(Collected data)
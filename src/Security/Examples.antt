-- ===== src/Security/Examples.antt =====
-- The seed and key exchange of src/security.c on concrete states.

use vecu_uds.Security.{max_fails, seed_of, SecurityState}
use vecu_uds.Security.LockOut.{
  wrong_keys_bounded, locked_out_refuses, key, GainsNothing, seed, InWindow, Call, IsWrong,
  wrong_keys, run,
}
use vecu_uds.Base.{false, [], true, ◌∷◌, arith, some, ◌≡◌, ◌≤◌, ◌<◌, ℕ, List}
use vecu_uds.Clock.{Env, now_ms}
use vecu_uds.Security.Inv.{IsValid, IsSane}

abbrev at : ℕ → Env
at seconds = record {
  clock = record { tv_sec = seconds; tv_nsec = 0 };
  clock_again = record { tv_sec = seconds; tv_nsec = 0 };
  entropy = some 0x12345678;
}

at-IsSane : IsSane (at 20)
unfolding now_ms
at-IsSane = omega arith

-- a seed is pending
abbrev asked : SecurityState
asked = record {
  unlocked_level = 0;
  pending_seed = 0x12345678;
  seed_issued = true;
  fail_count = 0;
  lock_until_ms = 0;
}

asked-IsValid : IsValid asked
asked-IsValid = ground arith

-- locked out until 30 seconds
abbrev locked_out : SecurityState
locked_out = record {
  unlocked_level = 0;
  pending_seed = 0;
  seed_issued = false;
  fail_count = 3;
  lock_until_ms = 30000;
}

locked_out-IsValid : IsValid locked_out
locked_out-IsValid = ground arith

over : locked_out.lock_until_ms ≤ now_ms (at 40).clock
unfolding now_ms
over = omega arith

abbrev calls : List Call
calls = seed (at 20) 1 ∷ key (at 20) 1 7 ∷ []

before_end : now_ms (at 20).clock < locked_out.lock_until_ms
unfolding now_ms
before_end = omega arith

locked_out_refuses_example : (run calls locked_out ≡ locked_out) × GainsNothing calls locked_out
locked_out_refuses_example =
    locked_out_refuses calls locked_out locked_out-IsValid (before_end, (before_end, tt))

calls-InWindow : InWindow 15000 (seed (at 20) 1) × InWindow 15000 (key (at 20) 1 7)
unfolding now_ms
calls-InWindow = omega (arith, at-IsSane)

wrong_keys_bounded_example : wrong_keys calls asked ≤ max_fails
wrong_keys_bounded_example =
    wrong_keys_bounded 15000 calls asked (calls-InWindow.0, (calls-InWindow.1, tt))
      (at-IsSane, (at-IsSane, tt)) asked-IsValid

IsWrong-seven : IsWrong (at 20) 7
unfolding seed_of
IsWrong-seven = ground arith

---

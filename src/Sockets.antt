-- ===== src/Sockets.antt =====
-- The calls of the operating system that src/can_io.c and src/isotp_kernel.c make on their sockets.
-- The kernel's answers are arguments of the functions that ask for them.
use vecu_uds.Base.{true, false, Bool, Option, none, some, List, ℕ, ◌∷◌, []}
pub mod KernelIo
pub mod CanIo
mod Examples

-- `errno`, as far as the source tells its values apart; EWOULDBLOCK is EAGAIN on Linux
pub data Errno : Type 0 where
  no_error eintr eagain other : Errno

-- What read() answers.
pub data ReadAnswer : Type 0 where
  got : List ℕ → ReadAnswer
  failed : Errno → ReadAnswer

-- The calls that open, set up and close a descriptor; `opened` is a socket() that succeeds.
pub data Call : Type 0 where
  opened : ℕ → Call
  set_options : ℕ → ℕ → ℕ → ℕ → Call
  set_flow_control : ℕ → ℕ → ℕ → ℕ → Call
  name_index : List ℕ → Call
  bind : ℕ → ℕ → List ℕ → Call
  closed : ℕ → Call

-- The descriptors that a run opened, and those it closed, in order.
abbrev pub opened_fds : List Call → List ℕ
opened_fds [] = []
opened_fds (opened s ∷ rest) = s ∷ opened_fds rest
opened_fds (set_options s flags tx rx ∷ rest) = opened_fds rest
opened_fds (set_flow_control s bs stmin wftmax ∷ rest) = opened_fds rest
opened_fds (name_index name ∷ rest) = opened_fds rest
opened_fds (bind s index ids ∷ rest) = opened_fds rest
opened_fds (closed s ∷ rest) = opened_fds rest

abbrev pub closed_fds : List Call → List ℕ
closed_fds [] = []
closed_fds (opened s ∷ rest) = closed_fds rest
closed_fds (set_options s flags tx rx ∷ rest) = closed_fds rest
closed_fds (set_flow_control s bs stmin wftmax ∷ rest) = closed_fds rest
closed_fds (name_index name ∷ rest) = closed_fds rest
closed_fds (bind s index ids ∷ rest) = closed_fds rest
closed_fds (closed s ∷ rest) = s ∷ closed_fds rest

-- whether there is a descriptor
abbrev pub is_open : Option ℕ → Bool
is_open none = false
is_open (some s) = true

#### REQUIRED ACTION:
Please filter the entries for the word "ReadAnswer" and copy the lines that have it.

#### ANSWER TO THIS TASK:
pub data ReadAnswer : Type 0 where
  got : List ℕ → ReadAnswer
  failed : Errno → ReadAnswer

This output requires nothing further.